What this task involves:
Below are lines of data; give the number of them that contain "closed", and only that.

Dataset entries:

- - -

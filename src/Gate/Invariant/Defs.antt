-- ===== src/Gate/Invariant/Defs.antt =====
-- The invariant, and when it carries over.
use test_go_server.Prelude.{
  List, ℕ, ◌≤◌, ◌<◌, ◌≡◌, ◌≢◌, refl, ◌∙◌, ap, ◌⊎◌, inl, inr, none, some, lookup, lookup-insert,
  ◌==◌, if◌then◌else◌, arith, Bool-cases, ==_iff, true, false, Bool, sym,
}
use test_go_server.Gate.State.{init, authenticated, offline, closed, Session, Gate, put_session}

-- What holds of the session that is kept under the ID k: the ID is its own and not 0, it is in one
-- of the four states of a kept session, it has no connection when offline, it lacks one only when
-- offline or authenticated, and its connection exists and is bound to it.
pub record Good (g : Gate) (k : ℕ) (s : Session) : Type 0 where
  pub keyed : s.id ≡ k
  pub named : k ≢ 0
  pub begun : s.state ≢ init
  pub kept : s.state ≢ closed
  pub unplugged : s.state ≡ offline → s.conn ≡ none
  pub plugged : s.conn ≡ none → (s.state ≡ offline) ⊎ (s.state ≡ authenticated)
  pub bound : (c : ℕ) → s.conn ≡ some c → ((g.conns c).session_id ≡ k) × (c < g.next_conn)

pub record Inv (g : Gate) : Type 0 where
  pub good : (k : ℕ) (s : Session) → lookup k g.by_session ≡ some s → Good g k s

-- The sessions, and which connection belongs to which session, are as they were.
pub record Same (g h : Gate) : Type 0 where
  pub sessions : h.by_session ≡ g.by_session
  pub ids : (c : ℕ) → (h.conns c).session_id ≡ (g.conns c).session_id
  pub limit : h.next_conn ≡ g.next_conn
  pub next : h.next_id ≡ g.next_id

-- The connections alone: which session each belongs to, and how many there are.
pub record SameConns (g h : Gate) : Type 0 where
  pub ids : (c : ℕ) → (h.conns c).session_id ≡ (g.conns c).session_id
  pub limit : h.next_conn ≡ g.next_conn
  pub next : h.next_id ≡ g.next_id

pub SameConns-refl : (g : Gate) → SameConns g g
SameConns-refl g = record { ids = λ c. refl; limit = refl; next = refl }

pub SameConns-trans : {f g h : Gate} → SameConns f g → SameConns g h → SameConns f h
SameConns-trans p q = record {
  ids = λ c. q.ids c ∙ p.ids c;
  limit = q.limit ∙ p.limit;
  next = q.next ∙ p.next;
}

pub SameConns-if :
    {g x y : Gate} (b : Bool) → SameConns g x → SameConns g y → SameConns g (if b then x else y)
SameConns-if true p q = p
SameConns-if false p q = q

-- A change of the sessions and the player index alone.
pub sessions-SameConns :
    (g : Gate) (m : List (ℕ × Session)) (n : List (ℕ × ℕ))
    → SameConns g (record g { by_session = m; by_player = n })
sessions-SameConns g m n = record { ids = λ c. refl; limit = refl; next = refl }

pub Same-conns : {g h : Gate} → Same g h → SameConns g h
Same-conns p = record { ids = p.ids; limit = p.limit; next = p.next }

pub Same-refl : (g : Gate) → Same g g
Same-refl g = record { sessions = refl; ids = λ c. refl; limit = refl; next = refl }

pub Same-trans : {f g h : Gate} → Same f g → Same g h → Same f h
Same-trans p q = record {
  sessions = q.sessions ∙ p.sessions;
  ids = λ c. q.ids c ∙ p.ids c;
  limit = q.limit ∙ p.limit;
  next = q.next ∙ p.next;
}

pub Same-if : {g x y : Gate} (b : Bool) → Same g x → Same g y → Same g (if b then x else y)
Same-if true p q = p
Same-if false p q = q

pub Good-conns :
    (g h : Gate) (k : ℕ) (s : Session)
    → ((c : ℕ) → s.conn ≡ some c → (h.conns c).session_id ≡ (g.conns c).session_id)
    → g.next_conn ≤ h.next_conn
    → Good g k s
    → Good h k s
Good-conns g h k s ids limit v = record {
  keyed = v.keyed;
  named = v.named;
  begun = v.begun;
  kept = v.kept;
  unplugged = v.unplugged;
  plugged = v.plugged;
  bound = λ c e. (ids c e ∙ (v.bound c e).0, omega (arith, (v.bound c e).1));
}

pub Inv-Same : {g h : Gate} → Same g h → Inv g → Inv h
Inv-Same {g} {h} p v = record {
  good = λ k s e.
      Good-conns g h k s (λ c _. p.ids c) (omega (arith, p.limit))
        (v.good k s (ap (lookup k) (sym p.sessions) ∙ e));
}

Good-put :
    (g : Gate) (s : Session) (k : ℕ) (t : Session)
    → Inv g
    → Good g s.id s
    → lookup k (put_session s g).by_session ≡ some t
    → Good (put_session s g) k t
Good-put g s k t v good e = elim (Bool-cases (s.id == k)) [
  | inl here ↦
      let same : s ≡ t = ground (arith, lookup-insert s.id k s g.by_session) in
      let there : s.id ≡ k = (==_iff s.id k).0 here in
      rw (← same, ← there) (Good-conns g (put_session s g) s.id s (λ c _. refl) (omega arith) good)
  | inr other ↦
      let old : lookup k g.by_session ≡ some t =
        ground (arith, lookup-insert s.id k s g.by_session) in
      Good-conns g (put_session s g) k t (λ c _. refl) (omega arith) (v.good k t old)
]

-- A session that is good where it is put keeps the invariant.
pub Inv-put : (g : Gate) (s : Session) → Inv g → Good g s.id s → Inv (put_session s g)
Inv-put g s v good = record { good = λ k t e. Good-put g s k t v good e }

-- A connection belongs to one session at most.
pub conn_owner :
    {g : Gate} {k l : ℕ} {s t : Session} (c : ℕ)
    → Good g k s
    → Good g l t
    → s.conn ≡ some c
    → t.conn ≡ some c
    → k ≡ l
conn_owner c p q e f = sym (p.bound c e).0 ∙ (q.bound c f).0

pub Inv-if : {x y : Gate} (b : Bool) → Inv x → Inv y → Inv (if b then x else y)
Inv-if true p q = p
Inv-if false p q = q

- - -

Exercise output:
2